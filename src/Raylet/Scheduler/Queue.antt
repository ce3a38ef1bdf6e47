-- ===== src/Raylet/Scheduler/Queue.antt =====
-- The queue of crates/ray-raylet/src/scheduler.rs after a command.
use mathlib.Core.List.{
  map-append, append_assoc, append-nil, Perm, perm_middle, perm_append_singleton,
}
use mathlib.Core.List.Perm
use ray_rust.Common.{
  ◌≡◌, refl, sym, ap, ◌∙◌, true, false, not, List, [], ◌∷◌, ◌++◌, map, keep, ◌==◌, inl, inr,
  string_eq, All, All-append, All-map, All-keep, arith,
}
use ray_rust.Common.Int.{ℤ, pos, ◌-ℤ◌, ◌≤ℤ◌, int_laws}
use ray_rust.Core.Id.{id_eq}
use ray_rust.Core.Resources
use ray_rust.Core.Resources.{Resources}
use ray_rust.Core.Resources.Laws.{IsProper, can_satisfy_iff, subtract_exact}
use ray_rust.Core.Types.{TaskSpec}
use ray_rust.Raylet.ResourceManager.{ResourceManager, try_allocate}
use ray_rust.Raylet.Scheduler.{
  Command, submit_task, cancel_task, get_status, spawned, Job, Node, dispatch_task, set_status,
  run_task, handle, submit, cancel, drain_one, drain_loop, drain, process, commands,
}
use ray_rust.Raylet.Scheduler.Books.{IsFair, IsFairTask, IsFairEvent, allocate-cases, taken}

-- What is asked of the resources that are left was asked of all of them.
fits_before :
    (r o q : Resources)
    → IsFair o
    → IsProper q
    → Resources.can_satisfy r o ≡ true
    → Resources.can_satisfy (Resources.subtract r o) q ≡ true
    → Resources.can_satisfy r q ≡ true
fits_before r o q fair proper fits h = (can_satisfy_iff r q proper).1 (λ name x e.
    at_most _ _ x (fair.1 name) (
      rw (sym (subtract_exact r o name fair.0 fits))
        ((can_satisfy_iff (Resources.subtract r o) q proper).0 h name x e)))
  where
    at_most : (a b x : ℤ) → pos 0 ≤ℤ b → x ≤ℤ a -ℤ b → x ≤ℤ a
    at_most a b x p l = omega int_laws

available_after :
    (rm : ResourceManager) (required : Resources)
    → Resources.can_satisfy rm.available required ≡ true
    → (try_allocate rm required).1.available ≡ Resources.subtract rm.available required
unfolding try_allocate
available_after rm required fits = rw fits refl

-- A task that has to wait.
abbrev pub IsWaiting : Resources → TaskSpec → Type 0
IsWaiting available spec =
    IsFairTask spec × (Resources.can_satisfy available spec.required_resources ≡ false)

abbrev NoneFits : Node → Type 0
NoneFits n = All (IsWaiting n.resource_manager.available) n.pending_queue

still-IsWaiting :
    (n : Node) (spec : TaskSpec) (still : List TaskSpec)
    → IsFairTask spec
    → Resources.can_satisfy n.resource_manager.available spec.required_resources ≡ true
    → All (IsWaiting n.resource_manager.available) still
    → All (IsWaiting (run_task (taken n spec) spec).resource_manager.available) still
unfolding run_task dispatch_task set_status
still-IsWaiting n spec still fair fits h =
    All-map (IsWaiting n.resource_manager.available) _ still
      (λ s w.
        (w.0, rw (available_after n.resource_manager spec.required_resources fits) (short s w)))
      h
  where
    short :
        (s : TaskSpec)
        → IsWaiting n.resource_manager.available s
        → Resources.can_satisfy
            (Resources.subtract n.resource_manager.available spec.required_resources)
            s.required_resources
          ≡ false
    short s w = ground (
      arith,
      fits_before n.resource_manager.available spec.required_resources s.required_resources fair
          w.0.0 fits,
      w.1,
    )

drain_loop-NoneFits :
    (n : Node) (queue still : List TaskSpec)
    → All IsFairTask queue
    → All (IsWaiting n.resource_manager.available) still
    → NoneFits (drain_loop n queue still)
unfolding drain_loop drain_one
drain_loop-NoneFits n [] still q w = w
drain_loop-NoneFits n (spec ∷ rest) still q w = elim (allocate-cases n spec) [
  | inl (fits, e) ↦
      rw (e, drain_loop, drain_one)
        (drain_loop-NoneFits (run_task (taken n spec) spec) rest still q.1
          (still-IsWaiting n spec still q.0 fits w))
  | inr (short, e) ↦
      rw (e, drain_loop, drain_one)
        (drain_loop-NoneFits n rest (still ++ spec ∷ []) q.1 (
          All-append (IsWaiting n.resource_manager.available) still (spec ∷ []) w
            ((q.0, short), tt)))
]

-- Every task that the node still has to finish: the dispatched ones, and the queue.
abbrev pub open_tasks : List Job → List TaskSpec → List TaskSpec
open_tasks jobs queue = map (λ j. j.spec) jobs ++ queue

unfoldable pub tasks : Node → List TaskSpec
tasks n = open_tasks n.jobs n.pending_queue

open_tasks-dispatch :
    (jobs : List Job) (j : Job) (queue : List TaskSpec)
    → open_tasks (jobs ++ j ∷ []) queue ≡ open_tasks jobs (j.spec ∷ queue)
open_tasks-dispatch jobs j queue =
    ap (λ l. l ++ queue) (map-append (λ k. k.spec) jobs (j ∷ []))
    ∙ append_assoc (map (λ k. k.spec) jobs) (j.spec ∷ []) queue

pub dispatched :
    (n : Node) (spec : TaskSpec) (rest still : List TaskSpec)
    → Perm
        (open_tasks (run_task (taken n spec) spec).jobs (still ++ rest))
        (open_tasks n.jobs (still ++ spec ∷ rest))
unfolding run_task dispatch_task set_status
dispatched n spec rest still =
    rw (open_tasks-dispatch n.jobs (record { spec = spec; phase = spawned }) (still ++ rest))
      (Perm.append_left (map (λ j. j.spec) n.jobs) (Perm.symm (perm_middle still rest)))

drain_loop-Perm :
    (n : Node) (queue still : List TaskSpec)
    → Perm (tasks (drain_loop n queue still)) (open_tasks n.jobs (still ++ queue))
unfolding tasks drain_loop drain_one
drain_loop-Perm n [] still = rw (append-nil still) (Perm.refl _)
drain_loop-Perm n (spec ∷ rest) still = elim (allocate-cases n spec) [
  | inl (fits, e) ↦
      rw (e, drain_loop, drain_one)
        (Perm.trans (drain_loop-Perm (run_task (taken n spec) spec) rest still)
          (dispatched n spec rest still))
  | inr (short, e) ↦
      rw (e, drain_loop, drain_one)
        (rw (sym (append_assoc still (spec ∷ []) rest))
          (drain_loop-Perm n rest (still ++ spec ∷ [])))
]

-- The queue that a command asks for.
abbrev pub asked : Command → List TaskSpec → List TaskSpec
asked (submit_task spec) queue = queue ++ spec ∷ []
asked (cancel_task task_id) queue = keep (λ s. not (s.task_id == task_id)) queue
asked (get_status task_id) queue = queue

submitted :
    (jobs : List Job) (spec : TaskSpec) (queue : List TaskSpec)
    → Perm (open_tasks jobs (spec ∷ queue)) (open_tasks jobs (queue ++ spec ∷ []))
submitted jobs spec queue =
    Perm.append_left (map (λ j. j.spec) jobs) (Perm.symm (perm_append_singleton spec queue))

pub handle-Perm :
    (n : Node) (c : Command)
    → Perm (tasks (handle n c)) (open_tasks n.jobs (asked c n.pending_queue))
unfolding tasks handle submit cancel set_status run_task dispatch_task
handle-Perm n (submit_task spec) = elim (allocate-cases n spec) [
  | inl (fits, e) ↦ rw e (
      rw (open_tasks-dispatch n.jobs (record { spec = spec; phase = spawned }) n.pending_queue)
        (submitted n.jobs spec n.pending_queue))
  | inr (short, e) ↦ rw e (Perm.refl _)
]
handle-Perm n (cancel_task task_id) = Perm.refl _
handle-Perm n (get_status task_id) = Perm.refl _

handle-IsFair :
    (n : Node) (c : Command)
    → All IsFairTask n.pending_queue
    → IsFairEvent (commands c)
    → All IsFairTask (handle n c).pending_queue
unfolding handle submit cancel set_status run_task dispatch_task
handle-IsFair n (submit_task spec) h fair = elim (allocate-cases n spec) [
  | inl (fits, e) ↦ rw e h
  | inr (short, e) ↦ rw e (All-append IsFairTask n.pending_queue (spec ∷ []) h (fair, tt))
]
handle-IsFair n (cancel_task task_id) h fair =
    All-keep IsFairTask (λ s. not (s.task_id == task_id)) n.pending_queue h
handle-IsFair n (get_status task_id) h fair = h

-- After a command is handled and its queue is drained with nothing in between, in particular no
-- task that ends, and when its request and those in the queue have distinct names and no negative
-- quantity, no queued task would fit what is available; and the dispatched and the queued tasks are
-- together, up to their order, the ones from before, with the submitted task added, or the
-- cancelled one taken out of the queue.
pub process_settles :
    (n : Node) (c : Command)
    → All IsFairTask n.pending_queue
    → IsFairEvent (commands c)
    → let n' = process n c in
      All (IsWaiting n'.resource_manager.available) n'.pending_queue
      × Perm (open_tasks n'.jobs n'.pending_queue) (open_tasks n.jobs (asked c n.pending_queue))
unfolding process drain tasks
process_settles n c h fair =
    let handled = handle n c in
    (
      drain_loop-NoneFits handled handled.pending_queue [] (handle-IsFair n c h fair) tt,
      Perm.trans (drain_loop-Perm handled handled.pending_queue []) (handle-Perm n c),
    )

◇ ◇ ◇ ◇ ◇

Problem
Taking the entries from their first line through the line with "abbrev pub IsWaiting", inclusive, restate each line word for word and give nothing else.

Answer section
filename src/Raylet/Scheduler/Queue.antt
repository ce3a38ef1bdf6e47
-- ===== src/Raylet/Scheduler/Queue.antt =====
-- The queue of crates/ray-raylet/src/scheduler.rs after a command.
use mathlib.Core.List.{
  map-append, append_assoc, append-nil, Perm, perm_middle, perm_append_singleton,
}
use mathlib.Core.List.Perm
use ray_rust.Common.{
  ◌≡◌, refl, sym, ap, ◌∙◌, true, false, not, List, [], ◌∷◌, ◌++◌, map, keep, ◌==◌, inl, inr,
  string_eq, All, All-append, All-map, All-keep, arith,
}
use ray_rust.Common.Int.{ℤ, pos, ◌-ℤ◌, ◌≤ℤ◌, int_laws}
use ray_rust.Core.Id.{id_eq}
use ray_rust.Core.Resources
use ray_rust.Core.Resources.{Resources}
use ray_rust.Core.Resources.Laws.{IsProper, can_satisfy_iff, subtract_exact}
use ray_rust.Core.Types.{TaskSpec}
use ray_rust.Raylet.ResourceManager.{ResourceManager, try_allocate}
use ray_rust.Raylet.Scheduler.{
  Command, submit_task, cancel_task, get_status, spawned, Job, Node, dispatch_task, set_status,
  run_task, handle, submit, cancel, drain_one, drain_loop, drain, process, commands,
}
use ray_rust.Raylet.Scheduler.Books.{IsFair, IsFairTask, IsFairEvent, allocate-cases, taken}

-- What is asked of the resources that are left was asked of all of them.
fits_before :
    (r o q : Resources)
    → IsFair o
    → IsProper q
    → Resources.can_satisfy r o ≡ true
    → Resources.can_satisfy (Resources.subtract r o) q ≡ true
    → Resources.can_satisfy r q ≡ true
fits_before r o q fair proper fits h = (can_satisfy_iff r q proper).1 (λ name x e.
    at_most _ _ x (fair.1 name) (
      rw (sym (subtract_exact r o name fair.0 fits))
        ((can_satisfy_iff (Resources.subtract r o) q proper).0 h name x e)))
  where
    at_most : (a b x : ℤ) → pos 0 ≤ℤ b → x ≤ℤ a -ℤ b → x ≤ℤ a
    at_most a b x p l = omega int_laws

available_after :
    (rm : ResourceManager) (required : Resources)
    → Resources.can_satisfy rm.available required ≡ true
    → (try_allocate rm required).1.available ≡ Resources.subtract rm.available required
unfolding try_allocate
available_after rm required fits = rw fits refl

-- A task that has to wait.
abbrev pub IsWaiting : Resources → TaskSpec → Type 0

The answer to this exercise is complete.